## What the exercise asks
Please take the lines from the one holding "observe_event t generation" through the one holding "encode_frame MessageType.response" in the data below and copy them exactly.

(Collected data)
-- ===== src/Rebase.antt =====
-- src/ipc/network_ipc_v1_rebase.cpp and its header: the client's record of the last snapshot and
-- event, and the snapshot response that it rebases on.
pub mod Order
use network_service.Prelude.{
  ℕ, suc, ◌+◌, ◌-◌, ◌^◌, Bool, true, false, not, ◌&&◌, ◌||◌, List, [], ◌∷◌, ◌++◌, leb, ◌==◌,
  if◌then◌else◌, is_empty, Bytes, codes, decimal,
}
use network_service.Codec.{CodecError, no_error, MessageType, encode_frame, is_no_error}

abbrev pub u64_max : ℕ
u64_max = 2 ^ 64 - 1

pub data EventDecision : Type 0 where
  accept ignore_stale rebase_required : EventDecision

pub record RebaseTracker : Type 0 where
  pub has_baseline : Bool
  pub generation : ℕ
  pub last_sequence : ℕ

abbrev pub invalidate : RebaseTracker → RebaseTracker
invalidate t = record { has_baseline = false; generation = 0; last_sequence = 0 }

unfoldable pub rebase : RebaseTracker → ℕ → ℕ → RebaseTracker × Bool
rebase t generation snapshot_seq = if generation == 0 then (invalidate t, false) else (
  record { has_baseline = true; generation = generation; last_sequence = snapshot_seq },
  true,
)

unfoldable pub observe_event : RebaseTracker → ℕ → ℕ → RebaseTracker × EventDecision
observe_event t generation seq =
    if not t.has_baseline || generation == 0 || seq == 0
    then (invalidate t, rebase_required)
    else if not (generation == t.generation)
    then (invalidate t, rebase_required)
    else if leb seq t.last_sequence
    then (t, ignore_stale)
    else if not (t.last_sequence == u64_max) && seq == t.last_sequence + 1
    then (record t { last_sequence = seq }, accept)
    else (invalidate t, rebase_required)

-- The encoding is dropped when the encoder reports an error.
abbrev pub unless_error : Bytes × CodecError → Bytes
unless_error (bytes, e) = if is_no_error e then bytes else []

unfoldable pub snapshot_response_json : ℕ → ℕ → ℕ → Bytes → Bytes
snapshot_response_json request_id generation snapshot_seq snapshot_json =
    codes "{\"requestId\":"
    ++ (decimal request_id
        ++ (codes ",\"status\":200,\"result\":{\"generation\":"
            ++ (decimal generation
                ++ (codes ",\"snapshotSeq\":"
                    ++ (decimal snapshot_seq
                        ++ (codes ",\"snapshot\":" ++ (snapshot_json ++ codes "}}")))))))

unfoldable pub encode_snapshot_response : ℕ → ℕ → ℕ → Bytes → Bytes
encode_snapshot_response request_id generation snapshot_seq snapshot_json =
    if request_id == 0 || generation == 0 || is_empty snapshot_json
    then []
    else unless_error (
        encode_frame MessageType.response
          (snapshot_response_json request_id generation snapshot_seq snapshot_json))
--
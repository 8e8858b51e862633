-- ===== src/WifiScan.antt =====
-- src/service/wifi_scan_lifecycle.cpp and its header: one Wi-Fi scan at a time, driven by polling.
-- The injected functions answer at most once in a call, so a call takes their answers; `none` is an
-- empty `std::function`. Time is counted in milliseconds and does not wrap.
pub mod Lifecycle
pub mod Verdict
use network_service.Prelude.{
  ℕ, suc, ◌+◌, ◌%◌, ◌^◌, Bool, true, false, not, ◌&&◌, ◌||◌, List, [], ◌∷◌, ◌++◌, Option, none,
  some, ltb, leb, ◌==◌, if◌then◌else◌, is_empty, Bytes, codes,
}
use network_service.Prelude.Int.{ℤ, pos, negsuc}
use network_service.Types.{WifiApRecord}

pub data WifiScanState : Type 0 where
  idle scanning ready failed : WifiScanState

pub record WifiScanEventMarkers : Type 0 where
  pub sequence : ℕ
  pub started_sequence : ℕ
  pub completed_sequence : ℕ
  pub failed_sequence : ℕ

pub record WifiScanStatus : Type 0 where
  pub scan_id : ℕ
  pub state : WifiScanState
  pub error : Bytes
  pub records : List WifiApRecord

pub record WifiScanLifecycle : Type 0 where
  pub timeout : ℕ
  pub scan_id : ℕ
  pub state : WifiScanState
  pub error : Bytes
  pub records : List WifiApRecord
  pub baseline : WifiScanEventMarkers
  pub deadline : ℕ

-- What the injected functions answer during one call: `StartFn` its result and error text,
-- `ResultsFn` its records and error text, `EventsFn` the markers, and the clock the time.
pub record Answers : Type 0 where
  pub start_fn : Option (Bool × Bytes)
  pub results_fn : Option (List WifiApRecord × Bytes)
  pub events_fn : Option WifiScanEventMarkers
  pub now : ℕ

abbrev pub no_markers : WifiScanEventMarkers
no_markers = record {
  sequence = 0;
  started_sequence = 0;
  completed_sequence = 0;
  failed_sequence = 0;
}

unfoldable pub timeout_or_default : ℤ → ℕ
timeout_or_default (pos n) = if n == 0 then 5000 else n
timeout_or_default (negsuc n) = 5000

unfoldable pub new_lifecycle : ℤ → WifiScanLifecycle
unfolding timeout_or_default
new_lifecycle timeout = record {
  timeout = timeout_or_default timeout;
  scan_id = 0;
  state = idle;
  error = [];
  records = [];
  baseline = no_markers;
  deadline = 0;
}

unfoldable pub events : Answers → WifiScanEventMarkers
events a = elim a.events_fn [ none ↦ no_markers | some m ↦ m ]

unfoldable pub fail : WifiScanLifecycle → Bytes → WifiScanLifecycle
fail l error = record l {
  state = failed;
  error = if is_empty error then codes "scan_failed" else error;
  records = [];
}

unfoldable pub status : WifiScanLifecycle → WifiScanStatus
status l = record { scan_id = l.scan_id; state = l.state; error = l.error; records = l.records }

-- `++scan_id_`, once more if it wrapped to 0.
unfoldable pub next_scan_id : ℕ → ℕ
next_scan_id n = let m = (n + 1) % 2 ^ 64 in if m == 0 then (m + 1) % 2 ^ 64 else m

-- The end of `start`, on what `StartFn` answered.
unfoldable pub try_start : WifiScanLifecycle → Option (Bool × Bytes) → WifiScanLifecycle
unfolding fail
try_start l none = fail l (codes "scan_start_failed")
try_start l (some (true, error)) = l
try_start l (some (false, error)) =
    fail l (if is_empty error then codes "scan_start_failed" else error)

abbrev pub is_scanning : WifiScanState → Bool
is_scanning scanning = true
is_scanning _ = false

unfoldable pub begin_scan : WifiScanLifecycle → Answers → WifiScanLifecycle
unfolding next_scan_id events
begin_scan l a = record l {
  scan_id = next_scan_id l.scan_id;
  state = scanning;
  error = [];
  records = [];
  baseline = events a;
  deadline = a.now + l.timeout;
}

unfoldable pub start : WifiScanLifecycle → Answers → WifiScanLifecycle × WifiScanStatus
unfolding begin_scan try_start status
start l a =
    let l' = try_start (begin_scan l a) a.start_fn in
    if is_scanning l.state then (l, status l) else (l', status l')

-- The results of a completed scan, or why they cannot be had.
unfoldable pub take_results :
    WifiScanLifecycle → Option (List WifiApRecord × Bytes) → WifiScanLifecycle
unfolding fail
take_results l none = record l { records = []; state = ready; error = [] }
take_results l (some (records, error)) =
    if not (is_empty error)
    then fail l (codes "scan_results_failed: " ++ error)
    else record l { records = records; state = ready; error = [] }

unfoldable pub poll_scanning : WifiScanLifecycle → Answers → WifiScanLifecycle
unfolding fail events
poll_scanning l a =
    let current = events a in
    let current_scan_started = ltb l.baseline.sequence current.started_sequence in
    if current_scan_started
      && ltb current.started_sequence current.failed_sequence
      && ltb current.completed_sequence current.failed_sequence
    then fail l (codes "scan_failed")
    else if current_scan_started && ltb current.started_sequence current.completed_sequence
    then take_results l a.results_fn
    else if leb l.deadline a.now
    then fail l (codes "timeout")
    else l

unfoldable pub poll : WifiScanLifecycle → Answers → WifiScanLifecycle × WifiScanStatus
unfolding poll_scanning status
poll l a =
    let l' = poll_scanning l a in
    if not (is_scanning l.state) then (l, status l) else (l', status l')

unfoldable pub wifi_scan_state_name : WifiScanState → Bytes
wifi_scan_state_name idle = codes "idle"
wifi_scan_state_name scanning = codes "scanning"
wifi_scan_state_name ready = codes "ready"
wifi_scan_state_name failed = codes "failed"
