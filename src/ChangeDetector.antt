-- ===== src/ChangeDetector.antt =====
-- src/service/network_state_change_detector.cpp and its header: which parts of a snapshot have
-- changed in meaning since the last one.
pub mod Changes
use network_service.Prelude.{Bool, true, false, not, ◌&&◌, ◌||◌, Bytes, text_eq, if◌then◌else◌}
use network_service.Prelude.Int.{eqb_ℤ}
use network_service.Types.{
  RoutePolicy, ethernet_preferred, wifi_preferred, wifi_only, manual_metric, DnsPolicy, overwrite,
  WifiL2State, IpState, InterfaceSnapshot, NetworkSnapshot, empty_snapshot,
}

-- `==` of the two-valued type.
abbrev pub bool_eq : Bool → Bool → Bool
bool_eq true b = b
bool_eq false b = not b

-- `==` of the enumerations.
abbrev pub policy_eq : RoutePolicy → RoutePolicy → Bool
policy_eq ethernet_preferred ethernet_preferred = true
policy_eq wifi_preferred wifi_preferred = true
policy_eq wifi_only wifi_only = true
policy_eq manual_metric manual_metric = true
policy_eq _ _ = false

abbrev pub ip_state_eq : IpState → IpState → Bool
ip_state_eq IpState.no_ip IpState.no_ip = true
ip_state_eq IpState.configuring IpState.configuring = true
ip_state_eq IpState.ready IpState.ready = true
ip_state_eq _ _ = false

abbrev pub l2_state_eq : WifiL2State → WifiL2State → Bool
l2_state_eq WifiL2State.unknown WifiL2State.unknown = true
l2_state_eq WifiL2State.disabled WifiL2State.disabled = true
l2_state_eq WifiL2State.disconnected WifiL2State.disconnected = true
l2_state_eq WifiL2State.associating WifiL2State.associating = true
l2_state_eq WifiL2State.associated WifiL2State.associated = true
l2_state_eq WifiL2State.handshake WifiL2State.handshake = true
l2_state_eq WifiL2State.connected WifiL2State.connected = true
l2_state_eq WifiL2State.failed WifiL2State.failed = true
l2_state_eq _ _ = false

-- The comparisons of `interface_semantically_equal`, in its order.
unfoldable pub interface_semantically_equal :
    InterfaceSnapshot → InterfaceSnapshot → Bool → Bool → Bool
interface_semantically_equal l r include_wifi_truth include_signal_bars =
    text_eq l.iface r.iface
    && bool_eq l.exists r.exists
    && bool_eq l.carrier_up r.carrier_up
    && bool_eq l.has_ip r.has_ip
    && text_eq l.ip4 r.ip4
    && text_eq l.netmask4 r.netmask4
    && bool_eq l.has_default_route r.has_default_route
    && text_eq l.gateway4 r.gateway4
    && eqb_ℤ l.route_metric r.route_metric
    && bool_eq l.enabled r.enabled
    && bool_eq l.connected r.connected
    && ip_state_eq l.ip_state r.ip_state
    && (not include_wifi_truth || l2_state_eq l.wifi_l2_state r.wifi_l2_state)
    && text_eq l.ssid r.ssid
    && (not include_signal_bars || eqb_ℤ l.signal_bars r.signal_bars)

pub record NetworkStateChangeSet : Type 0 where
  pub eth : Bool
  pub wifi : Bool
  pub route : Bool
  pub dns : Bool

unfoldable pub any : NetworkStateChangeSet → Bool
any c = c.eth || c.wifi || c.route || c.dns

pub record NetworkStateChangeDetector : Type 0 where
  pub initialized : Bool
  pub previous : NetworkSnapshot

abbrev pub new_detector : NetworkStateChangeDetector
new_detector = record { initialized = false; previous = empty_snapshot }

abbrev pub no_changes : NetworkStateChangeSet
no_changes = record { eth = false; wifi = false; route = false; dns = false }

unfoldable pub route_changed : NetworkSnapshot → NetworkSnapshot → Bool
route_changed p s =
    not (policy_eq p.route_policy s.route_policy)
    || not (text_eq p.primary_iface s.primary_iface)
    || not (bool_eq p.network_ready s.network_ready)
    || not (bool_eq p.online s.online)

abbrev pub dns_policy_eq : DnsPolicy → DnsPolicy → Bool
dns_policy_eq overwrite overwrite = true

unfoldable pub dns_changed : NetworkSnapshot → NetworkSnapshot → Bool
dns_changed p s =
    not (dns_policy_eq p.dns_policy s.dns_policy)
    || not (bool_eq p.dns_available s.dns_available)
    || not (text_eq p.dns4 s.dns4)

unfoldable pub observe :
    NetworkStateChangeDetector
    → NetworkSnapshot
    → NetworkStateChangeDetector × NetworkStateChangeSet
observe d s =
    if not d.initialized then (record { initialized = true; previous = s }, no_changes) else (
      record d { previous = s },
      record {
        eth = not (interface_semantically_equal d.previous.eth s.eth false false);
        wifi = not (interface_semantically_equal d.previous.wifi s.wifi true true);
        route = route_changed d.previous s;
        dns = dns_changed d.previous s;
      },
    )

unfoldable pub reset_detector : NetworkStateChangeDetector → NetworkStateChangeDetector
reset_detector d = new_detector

## Written response
observe_event t generation seq =
    if not t.has_baseline || generation == 0 || seq == 0
    then (invalidate t, rebase_required)
    else if not (generation == t.generation)
    then (invalidate t, rebase_required)
    else if leb seq t.last_sequence
    then (t, ignore_stale)
    else if not (t.last_sequence == u64_max) && seq == t.last_sequence + 1
    then (record t { last_sequence = seq }, accept)
    else (invalidate t, rebase_required)

-- The encoding is dropped when the encoder reports an error.
abbrev pub unless_error : Bytes × CodecError → Bytes
unless_error (bytes, e) = if is_no_error e then bytes else []

unfoldable pub snapshot_response_json : ℕ → ℕ → ℕ → Bytes → Bytes
snapshot_response_json request_id generation snapshot_seq snapshot_json =
    codes "{\"requestId\":"
    ++ (decimal request_id
        ++ (codes ",\"status\":200,\"result\":{\"generation\":"
            ++ (decimal generation
                ++ (codes ",\"snapshotSeq\":"
                    ++ (decimal snapshot_seq
                        ++ (codes ",\"snapshot\":" ++ (snapshot_json ++ codes "}}")))))))

unfoldable pub encode_snapshot_response : ℕ → ℕ → ℕ → Bytes → Bytes
encode_snapshot_response request_id generation snapshot_seq snapshot_json =
    if request_id == 0 || generation == 0 || is_empty snapshot_json
    then []
    else unless_error (
        encode_frame MessageType.response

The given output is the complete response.